Below are records; reproduce exactly the lines from the one that has "pub bit_and_top : (b" through the one that has "bit_and_sign b h", ends included, and nothing more.
BEGIN Data listing
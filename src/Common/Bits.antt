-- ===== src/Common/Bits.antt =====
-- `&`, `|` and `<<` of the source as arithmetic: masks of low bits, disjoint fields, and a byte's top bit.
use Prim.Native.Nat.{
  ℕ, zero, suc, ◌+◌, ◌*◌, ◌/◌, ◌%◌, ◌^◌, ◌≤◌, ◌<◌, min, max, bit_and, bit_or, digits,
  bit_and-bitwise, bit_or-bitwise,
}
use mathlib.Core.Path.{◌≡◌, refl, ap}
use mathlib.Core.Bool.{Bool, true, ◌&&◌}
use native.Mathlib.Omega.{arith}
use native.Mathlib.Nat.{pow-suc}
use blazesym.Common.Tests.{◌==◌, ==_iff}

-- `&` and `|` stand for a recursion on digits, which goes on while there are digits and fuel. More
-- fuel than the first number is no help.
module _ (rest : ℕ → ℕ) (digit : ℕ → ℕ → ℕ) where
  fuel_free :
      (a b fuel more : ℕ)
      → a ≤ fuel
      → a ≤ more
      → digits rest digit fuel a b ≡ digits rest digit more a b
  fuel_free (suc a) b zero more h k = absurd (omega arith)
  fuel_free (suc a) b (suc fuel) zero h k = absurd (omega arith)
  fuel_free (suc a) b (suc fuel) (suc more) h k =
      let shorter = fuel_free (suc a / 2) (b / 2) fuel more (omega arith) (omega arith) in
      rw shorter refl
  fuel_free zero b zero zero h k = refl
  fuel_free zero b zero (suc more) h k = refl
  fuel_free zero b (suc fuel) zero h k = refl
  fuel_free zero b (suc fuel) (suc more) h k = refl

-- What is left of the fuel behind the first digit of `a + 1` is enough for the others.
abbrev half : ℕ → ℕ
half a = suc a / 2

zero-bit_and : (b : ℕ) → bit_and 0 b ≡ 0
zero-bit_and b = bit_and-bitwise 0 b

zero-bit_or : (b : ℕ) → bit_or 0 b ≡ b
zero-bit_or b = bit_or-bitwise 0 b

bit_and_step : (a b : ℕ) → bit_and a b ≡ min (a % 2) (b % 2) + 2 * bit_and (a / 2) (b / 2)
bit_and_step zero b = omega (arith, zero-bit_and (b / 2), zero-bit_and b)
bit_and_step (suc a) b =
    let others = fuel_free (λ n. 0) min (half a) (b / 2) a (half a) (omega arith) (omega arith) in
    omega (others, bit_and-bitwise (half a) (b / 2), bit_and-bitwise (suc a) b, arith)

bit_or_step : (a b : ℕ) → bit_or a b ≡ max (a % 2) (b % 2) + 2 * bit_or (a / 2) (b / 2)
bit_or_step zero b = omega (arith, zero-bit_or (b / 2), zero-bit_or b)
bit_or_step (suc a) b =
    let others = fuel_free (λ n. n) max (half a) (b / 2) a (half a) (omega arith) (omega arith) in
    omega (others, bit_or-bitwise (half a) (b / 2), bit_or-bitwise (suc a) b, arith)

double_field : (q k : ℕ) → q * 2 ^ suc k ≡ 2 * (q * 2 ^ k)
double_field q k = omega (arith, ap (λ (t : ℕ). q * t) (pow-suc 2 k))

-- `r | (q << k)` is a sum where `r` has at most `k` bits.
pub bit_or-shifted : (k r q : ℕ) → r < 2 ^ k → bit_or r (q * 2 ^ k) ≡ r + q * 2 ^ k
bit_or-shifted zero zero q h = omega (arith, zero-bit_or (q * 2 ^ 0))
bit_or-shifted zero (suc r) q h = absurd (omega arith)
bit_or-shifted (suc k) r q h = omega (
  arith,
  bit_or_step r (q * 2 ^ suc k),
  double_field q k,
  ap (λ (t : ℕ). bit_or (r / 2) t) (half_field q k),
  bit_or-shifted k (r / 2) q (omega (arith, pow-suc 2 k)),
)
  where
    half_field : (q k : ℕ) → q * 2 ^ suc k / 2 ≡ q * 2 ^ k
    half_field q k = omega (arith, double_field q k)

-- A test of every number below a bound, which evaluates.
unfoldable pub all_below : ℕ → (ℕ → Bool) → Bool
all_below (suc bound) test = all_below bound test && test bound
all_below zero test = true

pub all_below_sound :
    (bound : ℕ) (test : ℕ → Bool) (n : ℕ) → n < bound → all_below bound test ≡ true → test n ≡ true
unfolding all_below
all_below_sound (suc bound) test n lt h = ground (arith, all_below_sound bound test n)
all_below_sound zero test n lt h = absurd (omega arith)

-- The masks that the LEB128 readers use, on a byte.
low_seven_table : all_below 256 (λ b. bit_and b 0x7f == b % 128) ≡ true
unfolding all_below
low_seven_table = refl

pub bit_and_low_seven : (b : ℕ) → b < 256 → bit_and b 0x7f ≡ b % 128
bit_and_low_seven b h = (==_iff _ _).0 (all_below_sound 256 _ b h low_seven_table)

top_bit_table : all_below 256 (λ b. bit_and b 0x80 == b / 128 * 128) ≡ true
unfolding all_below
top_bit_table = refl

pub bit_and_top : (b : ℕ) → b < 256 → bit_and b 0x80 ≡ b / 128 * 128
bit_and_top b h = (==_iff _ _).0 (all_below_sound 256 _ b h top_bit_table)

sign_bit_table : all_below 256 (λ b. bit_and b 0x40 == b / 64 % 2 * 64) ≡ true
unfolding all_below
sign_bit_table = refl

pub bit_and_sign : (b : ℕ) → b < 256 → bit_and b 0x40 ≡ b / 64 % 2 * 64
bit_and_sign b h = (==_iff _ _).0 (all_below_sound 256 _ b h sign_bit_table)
END Data listing
BEGIN Data listing
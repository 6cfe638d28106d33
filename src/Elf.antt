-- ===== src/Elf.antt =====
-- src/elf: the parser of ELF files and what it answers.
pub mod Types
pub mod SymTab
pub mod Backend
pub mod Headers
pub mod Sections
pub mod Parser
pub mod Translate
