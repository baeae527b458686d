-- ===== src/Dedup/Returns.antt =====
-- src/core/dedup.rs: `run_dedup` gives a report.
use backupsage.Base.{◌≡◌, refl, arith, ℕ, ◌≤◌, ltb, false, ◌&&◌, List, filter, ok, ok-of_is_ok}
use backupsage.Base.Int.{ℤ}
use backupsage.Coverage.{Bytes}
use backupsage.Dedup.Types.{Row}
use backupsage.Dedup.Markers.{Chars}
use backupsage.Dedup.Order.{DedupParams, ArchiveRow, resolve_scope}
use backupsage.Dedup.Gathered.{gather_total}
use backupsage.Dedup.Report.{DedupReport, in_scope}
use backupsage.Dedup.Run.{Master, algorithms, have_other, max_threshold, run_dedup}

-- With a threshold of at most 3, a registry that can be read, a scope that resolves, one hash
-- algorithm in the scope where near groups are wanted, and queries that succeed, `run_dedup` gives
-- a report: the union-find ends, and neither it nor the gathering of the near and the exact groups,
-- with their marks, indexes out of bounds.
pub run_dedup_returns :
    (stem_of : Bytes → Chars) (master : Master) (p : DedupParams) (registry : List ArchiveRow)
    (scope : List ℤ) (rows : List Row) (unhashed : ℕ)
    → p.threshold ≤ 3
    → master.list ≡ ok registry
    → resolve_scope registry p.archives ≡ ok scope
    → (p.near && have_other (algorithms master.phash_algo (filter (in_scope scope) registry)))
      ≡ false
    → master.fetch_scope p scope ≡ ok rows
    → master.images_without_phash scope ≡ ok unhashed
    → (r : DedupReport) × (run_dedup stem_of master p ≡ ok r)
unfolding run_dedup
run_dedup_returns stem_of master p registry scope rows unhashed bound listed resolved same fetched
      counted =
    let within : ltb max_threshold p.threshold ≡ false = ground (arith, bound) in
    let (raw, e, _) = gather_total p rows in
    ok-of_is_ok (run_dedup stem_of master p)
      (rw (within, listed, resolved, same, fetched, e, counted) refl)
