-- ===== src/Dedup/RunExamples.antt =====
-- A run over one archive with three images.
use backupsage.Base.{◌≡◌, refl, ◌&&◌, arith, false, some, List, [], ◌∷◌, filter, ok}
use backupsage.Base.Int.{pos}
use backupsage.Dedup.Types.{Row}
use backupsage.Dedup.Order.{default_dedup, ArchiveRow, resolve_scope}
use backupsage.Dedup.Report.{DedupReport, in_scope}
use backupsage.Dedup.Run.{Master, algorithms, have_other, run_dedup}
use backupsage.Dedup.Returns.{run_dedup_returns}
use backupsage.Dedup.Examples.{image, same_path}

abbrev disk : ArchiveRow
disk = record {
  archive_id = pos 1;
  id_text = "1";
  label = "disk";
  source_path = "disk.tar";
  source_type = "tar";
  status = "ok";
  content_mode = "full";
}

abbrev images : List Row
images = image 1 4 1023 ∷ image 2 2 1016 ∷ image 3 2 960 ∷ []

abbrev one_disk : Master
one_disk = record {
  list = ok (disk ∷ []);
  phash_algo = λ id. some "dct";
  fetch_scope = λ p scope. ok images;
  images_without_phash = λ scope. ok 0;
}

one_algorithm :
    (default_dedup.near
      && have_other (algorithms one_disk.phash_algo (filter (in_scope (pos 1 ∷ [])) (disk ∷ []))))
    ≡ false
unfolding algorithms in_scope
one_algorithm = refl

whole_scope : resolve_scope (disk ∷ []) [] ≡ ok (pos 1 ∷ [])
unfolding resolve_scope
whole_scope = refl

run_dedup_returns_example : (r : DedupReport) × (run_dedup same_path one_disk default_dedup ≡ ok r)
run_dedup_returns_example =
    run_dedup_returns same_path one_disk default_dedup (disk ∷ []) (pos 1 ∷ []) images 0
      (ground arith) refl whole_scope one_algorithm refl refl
END Data listing
** Final answer **
pub bit_and_top : (b : ℕ) → b < 256 → bit_and b 0x80 ≡ b / 128 * 128
bit_and_top b h = (==_iff _ _).0 (all_below_sound 256 _ b h top_bit_table)

sign_bit_table : all_below 256 (λ b. bit_and b 0x40 == b / 64 % 2 * 64) ≡ true
unfolding all_below
sign_bit_table = refl

pub bit_and_sign : (b : ℕ) → b < 256 → bit_and b 0x40 ≡ b / 64 % 2 * 64
bit_and_sign b h = (==_iff _ _).0 (all_below_sound 256 _ b h sign_bit_table)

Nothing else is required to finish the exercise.